Show all lines containing "codes" from the data below.

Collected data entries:
>>>>>

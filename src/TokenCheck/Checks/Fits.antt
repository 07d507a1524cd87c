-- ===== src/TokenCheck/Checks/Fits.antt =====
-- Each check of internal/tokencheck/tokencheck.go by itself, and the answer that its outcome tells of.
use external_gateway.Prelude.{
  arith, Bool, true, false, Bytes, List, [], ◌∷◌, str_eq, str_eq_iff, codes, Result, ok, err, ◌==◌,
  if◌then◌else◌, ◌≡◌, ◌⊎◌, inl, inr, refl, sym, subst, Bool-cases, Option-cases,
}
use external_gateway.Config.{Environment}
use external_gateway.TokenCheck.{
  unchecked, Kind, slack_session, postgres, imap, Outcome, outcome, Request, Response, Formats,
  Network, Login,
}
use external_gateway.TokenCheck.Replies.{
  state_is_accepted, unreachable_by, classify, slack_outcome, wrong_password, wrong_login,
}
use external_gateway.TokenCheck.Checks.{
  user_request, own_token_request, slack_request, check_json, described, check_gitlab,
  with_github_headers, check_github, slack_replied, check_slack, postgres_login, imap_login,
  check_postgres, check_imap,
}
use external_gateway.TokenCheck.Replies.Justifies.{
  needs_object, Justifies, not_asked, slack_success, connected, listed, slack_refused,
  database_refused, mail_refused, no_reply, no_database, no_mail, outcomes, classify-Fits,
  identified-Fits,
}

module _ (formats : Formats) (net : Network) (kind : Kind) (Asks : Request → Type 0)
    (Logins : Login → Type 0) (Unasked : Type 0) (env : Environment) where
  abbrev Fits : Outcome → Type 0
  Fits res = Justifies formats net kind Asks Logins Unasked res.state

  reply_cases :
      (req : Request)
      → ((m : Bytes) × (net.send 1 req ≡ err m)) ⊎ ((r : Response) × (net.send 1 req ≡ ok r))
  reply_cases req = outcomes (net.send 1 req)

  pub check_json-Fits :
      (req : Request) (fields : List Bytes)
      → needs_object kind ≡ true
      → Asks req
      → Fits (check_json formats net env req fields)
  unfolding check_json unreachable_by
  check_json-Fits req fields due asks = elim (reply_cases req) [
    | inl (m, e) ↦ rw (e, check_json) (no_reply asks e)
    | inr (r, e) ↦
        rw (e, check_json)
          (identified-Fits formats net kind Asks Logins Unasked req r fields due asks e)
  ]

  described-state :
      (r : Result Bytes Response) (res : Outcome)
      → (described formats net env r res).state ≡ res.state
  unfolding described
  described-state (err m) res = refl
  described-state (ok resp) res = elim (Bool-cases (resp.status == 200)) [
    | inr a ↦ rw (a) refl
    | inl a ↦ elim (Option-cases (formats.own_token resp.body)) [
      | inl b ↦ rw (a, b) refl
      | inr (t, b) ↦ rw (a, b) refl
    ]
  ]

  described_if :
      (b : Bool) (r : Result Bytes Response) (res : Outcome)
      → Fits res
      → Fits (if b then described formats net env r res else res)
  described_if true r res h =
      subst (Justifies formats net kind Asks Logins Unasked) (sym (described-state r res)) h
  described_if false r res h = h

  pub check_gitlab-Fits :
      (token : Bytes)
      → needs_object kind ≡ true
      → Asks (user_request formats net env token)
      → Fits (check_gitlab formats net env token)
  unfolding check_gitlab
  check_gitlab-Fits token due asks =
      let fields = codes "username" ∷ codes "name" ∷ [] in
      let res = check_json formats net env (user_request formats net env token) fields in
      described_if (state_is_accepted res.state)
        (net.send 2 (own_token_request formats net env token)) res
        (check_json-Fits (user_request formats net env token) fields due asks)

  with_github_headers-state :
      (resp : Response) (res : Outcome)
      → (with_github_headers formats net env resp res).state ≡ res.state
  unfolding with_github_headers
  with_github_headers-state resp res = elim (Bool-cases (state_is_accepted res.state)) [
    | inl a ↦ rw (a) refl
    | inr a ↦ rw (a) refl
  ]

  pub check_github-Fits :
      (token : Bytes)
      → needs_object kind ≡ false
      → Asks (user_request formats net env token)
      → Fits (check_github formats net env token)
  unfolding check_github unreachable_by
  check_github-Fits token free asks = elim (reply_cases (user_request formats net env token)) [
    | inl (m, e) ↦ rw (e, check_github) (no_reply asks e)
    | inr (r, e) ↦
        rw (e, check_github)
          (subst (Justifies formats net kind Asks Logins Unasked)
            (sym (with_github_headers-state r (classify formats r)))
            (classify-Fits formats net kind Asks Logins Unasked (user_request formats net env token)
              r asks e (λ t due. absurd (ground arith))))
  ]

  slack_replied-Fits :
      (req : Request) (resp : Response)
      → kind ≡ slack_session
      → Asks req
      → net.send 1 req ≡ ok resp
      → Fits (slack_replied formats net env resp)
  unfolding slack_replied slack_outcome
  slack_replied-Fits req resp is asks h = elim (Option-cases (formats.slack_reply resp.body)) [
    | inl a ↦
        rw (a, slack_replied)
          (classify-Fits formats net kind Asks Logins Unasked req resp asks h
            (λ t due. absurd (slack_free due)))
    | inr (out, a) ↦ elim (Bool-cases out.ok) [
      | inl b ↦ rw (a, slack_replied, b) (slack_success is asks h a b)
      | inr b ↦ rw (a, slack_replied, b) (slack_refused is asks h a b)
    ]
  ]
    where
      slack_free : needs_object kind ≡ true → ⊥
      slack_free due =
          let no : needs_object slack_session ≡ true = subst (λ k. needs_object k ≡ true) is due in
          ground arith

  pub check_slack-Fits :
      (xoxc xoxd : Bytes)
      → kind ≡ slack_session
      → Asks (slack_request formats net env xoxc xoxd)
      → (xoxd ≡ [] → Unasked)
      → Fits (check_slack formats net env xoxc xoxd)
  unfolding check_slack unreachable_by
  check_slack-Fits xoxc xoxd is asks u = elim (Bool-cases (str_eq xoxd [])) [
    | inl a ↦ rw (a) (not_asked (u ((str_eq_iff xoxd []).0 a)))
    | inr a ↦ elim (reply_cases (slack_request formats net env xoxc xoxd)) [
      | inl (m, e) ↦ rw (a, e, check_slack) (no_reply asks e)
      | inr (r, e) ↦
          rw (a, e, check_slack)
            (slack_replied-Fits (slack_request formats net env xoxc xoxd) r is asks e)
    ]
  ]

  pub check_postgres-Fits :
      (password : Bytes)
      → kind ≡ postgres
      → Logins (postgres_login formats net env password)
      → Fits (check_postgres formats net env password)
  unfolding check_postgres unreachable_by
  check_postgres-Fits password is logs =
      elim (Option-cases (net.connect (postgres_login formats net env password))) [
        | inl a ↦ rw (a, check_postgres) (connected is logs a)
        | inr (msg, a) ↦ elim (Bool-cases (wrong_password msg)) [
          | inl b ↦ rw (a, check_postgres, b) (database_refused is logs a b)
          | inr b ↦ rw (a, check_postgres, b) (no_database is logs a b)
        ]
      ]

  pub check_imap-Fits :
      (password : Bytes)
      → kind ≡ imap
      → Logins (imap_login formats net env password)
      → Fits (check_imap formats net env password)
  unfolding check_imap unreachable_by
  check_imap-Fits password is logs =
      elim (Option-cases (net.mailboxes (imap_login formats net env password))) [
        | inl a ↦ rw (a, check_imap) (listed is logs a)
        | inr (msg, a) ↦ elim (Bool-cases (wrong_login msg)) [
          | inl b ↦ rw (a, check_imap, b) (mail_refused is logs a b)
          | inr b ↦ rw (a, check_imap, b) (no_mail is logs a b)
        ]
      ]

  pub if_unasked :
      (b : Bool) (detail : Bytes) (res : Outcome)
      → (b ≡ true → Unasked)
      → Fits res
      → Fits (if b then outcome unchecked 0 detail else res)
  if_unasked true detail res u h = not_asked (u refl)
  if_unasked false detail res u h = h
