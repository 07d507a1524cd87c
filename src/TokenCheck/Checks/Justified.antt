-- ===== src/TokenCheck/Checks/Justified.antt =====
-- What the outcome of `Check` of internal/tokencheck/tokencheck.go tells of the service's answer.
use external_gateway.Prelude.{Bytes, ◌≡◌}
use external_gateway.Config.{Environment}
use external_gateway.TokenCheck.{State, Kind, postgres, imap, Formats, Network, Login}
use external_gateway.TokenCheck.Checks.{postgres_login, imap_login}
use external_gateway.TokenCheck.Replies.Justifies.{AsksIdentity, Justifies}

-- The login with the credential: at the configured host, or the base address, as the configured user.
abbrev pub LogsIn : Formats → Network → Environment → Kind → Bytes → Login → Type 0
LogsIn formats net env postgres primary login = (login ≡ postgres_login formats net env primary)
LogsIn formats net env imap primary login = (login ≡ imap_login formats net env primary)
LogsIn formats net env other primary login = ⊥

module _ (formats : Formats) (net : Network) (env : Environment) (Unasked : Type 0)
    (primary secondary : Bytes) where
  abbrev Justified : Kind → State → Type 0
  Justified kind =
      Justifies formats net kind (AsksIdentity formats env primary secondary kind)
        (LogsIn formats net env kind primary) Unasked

<<<<<

▸ **OUTPUT FOR THIS TASK**
  arith, Bool, true, false, Bytes, List, [], ◌∷◌, str_eq, str_eq_iff, codes, Result, ok, err, ◌==◌,
      let fields = codes "username" ∷ codes "name" ∷ [] in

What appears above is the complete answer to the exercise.